[Data extracted from a collection]
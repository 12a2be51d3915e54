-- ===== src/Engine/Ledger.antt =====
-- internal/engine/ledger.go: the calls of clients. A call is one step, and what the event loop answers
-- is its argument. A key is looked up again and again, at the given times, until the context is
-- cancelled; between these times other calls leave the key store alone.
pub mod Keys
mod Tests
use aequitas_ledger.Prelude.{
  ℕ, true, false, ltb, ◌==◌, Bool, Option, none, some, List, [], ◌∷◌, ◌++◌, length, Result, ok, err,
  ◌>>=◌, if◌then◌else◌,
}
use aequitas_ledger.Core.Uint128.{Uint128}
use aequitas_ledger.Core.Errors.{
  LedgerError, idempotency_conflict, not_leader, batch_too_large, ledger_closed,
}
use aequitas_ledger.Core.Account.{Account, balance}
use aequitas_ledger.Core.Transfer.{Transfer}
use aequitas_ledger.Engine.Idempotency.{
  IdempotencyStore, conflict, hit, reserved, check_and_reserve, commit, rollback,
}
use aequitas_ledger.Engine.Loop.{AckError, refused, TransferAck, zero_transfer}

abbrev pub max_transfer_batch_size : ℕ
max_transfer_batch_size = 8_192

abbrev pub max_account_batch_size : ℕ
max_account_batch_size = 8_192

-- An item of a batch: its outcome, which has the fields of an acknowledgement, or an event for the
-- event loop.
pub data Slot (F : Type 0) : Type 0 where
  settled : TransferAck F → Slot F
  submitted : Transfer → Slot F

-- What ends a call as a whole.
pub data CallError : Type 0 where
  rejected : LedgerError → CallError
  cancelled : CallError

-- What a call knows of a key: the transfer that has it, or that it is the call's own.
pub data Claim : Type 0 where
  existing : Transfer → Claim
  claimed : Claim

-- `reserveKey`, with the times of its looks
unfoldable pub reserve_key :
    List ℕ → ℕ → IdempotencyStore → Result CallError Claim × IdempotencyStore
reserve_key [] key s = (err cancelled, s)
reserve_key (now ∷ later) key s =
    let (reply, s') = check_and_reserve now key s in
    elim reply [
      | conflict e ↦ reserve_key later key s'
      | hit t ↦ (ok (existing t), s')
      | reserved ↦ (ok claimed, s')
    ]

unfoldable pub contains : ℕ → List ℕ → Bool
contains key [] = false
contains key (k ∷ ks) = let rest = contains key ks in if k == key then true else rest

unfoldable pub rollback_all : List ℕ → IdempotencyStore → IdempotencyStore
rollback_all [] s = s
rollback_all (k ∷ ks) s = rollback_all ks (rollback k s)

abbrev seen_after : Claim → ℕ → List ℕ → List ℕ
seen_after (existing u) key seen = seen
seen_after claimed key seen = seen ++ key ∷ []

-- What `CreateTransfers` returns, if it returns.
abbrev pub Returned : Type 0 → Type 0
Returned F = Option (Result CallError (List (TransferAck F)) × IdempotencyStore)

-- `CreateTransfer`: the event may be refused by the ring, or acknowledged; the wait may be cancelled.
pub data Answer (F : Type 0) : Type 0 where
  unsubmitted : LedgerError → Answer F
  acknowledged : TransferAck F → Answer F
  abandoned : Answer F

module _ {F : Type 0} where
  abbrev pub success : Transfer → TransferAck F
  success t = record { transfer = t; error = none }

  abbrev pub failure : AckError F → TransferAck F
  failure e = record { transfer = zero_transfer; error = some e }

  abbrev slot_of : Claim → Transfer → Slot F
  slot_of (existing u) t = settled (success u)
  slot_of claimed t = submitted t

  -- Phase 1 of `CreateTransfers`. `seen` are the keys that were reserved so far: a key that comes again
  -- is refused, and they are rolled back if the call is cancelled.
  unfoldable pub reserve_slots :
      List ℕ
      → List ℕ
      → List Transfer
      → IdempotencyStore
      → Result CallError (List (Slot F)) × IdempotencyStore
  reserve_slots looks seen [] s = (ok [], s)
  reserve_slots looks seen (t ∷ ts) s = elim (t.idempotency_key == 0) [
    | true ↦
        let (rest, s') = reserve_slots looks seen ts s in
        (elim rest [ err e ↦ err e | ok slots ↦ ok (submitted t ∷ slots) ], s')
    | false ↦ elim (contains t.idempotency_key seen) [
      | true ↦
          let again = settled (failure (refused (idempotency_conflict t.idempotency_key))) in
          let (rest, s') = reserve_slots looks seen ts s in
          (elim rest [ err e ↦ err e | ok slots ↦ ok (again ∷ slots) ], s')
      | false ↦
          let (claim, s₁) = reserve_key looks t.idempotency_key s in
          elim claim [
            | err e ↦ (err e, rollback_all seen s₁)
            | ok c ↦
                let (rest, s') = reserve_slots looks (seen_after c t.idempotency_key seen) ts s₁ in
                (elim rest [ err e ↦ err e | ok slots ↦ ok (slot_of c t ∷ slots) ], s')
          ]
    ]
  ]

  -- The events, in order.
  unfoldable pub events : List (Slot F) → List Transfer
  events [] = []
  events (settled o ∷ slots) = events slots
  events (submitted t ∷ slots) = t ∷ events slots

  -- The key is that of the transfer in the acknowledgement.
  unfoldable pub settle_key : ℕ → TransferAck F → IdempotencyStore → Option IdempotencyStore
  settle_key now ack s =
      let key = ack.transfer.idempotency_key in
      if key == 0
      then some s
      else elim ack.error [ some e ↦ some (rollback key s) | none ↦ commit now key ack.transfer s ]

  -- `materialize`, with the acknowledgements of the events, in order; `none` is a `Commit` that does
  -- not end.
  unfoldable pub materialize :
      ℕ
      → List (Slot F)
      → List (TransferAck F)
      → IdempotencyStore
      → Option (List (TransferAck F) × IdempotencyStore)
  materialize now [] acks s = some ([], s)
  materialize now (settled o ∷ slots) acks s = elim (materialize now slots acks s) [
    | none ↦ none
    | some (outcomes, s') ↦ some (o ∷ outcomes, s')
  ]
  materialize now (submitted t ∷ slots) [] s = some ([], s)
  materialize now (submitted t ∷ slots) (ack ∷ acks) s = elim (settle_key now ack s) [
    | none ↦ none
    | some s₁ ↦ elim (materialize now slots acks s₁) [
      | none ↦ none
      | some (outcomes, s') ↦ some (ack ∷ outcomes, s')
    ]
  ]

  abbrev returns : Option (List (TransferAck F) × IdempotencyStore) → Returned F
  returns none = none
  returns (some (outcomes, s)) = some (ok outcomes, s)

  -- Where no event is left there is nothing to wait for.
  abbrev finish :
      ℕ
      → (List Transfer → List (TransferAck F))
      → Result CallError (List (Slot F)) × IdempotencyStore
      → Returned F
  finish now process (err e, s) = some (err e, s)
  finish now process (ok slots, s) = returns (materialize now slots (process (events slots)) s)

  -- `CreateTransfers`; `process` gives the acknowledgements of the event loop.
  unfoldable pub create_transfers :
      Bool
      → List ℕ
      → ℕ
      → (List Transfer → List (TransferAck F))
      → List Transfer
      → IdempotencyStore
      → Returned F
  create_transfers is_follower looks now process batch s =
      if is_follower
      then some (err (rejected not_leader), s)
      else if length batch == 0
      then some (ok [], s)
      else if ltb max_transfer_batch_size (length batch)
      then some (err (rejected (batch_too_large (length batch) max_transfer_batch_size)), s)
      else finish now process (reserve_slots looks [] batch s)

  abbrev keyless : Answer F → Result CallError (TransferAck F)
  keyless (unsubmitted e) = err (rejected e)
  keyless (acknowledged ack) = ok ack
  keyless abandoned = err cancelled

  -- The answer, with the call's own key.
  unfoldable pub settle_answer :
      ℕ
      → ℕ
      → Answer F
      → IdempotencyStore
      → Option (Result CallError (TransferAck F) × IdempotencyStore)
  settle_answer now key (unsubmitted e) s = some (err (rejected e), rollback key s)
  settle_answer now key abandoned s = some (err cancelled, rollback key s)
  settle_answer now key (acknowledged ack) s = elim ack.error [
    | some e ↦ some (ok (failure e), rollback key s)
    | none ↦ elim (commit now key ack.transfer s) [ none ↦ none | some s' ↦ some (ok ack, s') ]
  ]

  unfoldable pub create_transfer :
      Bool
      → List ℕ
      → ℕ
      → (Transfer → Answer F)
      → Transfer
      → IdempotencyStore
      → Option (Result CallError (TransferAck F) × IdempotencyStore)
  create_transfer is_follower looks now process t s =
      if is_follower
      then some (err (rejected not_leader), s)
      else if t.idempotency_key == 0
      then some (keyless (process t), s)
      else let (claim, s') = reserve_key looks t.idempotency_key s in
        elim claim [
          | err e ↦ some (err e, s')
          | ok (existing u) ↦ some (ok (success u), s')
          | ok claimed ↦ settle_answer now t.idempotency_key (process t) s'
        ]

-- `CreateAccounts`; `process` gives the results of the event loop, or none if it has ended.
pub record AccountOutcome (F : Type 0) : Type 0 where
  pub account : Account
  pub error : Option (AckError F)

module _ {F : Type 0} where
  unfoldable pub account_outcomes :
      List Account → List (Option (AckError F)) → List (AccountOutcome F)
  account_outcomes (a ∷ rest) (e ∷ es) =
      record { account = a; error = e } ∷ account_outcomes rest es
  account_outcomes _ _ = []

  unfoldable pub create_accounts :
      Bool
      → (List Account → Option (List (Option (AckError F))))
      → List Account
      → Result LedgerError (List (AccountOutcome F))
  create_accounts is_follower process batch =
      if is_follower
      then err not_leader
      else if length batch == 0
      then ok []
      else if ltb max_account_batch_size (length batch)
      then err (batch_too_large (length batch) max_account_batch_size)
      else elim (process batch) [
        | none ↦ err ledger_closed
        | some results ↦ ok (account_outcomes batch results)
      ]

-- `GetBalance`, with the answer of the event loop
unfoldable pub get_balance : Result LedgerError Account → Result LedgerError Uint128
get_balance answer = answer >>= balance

...

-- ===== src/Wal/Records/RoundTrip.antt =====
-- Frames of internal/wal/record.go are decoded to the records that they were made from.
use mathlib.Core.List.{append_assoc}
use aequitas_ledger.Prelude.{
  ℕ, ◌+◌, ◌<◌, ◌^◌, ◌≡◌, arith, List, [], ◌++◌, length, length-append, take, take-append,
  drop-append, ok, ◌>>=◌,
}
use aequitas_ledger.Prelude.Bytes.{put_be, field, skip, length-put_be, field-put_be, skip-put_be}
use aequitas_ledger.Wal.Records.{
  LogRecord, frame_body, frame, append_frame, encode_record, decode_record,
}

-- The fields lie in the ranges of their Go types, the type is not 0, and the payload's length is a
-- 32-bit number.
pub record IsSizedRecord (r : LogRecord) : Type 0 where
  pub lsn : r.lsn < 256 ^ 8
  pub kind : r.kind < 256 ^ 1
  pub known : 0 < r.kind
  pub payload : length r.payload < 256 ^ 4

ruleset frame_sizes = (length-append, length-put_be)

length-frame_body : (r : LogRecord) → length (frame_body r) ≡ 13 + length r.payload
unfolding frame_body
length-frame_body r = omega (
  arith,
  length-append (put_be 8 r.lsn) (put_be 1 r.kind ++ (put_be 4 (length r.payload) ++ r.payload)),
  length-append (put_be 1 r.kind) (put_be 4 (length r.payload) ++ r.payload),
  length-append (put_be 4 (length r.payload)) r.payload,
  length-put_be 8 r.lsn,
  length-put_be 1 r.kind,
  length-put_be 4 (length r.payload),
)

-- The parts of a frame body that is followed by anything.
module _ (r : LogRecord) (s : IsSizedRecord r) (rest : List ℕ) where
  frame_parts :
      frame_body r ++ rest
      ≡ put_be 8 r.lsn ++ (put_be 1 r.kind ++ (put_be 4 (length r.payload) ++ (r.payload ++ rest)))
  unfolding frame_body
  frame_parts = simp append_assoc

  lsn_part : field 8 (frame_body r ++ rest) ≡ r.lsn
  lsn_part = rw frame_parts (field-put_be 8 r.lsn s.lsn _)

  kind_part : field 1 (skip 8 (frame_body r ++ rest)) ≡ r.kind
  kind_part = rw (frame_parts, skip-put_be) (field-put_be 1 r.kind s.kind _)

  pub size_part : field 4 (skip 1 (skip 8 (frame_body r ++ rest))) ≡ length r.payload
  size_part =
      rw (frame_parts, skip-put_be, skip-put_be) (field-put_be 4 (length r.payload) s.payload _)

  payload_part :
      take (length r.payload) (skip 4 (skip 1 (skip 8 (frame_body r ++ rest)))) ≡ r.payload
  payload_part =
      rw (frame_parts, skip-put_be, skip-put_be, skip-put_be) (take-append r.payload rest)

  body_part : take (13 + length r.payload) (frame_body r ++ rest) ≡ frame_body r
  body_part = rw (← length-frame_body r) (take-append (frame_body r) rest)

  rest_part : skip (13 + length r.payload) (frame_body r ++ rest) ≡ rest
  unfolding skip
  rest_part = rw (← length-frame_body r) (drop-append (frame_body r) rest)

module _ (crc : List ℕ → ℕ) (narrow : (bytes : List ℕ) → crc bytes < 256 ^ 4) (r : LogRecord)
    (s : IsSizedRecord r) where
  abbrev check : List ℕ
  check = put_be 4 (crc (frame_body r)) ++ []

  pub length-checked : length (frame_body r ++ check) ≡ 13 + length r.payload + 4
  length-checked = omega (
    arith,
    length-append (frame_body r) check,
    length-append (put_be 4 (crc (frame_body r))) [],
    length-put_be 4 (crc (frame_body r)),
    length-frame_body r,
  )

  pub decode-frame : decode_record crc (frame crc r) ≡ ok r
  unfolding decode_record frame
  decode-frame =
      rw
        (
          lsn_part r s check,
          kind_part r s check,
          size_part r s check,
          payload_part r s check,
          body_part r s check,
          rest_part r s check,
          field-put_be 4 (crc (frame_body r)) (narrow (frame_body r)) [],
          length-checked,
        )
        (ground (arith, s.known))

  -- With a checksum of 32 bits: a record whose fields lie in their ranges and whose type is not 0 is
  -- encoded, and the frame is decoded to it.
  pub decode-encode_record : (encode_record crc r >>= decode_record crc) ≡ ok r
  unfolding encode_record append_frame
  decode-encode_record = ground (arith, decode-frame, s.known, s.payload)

==

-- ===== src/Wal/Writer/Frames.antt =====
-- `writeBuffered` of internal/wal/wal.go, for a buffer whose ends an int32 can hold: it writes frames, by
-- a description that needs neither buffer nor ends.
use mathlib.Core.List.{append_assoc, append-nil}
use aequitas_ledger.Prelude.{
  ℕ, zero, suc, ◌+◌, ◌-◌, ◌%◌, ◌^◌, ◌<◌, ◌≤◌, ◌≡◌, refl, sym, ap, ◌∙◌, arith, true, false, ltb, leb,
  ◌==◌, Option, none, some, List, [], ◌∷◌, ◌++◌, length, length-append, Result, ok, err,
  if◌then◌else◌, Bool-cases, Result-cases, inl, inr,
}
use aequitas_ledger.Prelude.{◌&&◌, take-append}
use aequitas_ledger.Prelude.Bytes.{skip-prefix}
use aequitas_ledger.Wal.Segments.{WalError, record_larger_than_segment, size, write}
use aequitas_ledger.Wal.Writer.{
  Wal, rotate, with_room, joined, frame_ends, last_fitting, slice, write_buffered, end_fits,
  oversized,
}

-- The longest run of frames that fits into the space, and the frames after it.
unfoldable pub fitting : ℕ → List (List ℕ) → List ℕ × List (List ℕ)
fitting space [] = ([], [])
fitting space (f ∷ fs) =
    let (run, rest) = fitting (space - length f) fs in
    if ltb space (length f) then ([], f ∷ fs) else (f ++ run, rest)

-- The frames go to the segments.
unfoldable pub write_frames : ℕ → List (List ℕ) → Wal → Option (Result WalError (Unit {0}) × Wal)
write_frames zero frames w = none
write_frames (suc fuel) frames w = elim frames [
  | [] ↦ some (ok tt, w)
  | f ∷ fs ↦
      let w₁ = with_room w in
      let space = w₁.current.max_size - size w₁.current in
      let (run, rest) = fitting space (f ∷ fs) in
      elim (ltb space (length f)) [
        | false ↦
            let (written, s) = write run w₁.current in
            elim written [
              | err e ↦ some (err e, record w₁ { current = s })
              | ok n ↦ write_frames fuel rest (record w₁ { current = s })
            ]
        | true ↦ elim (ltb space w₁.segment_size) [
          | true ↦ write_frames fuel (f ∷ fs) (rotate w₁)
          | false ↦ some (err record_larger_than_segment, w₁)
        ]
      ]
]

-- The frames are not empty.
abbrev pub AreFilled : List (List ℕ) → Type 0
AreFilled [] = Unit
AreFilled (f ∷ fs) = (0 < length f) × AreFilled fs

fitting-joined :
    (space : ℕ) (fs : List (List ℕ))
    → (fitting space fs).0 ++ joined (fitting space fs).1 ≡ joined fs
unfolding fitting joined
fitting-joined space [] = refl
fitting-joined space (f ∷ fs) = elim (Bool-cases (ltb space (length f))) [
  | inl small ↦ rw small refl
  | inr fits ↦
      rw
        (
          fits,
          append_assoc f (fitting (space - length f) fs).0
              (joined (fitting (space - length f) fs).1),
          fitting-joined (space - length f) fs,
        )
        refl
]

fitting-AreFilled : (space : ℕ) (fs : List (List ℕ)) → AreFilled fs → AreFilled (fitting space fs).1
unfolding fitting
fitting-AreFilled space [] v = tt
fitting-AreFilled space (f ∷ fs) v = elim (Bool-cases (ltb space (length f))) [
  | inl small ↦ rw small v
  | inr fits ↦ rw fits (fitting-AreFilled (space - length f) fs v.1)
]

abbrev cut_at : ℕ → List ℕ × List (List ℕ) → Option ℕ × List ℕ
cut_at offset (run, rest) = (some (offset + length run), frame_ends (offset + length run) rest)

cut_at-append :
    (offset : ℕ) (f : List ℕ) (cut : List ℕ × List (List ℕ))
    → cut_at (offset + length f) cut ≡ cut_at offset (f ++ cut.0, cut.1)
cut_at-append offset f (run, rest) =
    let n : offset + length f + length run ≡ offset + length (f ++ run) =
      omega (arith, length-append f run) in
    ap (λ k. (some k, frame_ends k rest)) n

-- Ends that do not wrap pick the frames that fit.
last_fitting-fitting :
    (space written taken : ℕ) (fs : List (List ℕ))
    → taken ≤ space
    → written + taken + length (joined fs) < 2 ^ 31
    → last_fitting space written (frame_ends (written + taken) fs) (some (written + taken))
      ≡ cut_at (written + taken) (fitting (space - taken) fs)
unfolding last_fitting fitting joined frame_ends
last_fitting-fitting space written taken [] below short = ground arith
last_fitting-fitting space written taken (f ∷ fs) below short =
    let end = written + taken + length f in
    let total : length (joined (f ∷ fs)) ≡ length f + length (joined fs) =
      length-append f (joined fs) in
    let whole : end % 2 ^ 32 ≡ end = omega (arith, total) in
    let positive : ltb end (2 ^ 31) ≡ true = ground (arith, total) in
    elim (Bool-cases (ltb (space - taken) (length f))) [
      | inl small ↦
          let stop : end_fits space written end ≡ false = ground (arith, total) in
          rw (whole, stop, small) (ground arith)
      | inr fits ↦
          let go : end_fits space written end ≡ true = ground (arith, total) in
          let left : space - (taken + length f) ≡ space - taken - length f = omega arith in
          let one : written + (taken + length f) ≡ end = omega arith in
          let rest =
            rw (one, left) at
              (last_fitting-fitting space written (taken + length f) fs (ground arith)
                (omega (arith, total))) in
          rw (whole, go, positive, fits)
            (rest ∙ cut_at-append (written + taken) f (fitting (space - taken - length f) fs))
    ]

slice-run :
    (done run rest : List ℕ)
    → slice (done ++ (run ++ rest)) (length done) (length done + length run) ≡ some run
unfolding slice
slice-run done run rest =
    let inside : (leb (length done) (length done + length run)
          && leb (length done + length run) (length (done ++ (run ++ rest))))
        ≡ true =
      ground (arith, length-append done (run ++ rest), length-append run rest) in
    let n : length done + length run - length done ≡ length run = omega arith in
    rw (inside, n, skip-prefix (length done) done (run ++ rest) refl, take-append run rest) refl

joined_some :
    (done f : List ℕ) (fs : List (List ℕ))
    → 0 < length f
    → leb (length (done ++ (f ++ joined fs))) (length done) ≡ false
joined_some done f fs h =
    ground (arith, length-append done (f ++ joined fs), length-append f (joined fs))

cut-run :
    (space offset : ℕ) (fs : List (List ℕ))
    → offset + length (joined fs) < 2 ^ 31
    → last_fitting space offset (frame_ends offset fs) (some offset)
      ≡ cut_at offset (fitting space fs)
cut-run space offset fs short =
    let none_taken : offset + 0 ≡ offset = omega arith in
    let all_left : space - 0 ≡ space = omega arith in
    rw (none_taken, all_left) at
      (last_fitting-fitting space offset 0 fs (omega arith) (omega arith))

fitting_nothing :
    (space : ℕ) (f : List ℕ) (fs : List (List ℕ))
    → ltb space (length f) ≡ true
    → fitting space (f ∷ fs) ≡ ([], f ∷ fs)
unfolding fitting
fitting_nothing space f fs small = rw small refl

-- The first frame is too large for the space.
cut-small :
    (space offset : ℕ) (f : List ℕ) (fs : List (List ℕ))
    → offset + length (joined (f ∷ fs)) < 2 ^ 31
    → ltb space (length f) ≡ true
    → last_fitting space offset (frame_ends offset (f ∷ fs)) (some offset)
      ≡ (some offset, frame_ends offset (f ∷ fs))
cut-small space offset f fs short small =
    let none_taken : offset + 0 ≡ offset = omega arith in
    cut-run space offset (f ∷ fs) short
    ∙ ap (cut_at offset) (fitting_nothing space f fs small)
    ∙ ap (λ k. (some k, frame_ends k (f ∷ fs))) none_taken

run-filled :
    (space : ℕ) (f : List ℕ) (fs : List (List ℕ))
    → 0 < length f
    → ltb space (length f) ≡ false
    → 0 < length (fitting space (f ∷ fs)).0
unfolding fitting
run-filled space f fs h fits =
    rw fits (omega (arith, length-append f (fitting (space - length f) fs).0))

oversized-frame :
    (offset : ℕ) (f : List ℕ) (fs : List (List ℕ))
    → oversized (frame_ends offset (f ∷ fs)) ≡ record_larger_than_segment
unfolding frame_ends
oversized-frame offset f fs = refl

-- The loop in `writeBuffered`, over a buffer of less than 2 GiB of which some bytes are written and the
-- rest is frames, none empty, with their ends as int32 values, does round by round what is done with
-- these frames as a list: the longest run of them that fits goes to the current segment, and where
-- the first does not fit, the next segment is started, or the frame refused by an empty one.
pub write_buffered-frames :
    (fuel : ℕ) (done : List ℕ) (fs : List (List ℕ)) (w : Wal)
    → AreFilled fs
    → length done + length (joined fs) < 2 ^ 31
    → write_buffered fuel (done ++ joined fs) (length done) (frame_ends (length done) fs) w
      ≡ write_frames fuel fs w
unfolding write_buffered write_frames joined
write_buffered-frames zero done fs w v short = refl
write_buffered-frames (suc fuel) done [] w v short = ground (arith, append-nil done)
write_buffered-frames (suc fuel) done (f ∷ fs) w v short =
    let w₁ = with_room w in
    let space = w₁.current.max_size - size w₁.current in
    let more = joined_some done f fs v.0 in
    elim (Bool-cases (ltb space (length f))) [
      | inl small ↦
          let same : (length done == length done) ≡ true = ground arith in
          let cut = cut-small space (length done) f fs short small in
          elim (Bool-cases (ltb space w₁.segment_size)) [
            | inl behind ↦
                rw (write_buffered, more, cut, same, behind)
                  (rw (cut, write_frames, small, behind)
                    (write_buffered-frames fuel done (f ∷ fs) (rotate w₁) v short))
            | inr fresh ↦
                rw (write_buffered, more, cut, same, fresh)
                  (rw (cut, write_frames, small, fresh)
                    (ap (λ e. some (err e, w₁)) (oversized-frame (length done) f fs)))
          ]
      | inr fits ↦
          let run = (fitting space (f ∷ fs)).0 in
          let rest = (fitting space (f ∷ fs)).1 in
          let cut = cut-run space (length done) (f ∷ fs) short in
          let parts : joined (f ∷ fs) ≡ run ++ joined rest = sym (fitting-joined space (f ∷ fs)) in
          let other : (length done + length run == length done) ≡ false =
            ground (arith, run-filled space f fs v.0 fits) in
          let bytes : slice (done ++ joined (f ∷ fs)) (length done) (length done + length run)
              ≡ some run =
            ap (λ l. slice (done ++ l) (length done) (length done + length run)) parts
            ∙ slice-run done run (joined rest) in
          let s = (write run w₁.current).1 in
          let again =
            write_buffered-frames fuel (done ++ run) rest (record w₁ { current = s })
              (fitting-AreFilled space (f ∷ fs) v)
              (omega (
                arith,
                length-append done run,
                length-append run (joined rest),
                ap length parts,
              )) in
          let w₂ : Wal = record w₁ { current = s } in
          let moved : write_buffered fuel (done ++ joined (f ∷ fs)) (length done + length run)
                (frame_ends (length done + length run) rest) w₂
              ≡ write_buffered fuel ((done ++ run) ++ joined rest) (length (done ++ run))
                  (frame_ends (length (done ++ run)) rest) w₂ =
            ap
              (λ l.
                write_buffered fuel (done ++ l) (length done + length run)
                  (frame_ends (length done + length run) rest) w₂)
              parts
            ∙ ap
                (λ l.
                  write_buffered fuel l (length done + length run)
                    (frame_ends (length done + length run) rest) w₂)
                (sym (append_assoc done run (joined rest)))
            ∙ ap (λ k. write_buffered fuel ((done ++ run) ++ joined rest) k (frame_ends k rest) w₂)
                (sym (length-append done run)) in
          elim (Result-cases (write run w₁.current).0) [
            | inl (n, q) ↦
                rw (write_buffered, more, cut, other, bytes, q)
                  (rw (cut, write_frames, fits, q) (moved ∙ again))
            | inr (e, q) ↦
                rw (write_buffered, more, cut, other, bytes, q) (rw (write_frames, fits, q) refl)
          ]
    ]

- [What the task requires]:
Please copy every line in the entries where "ranges" appears.

- [Task solution]:
-- The fields lie in the ranges of their Go types, the type is not 0, and the payload's length is a
  -- With a checksum of 32 bits: a record whose fields lie in their ranges and whose type is not 0 is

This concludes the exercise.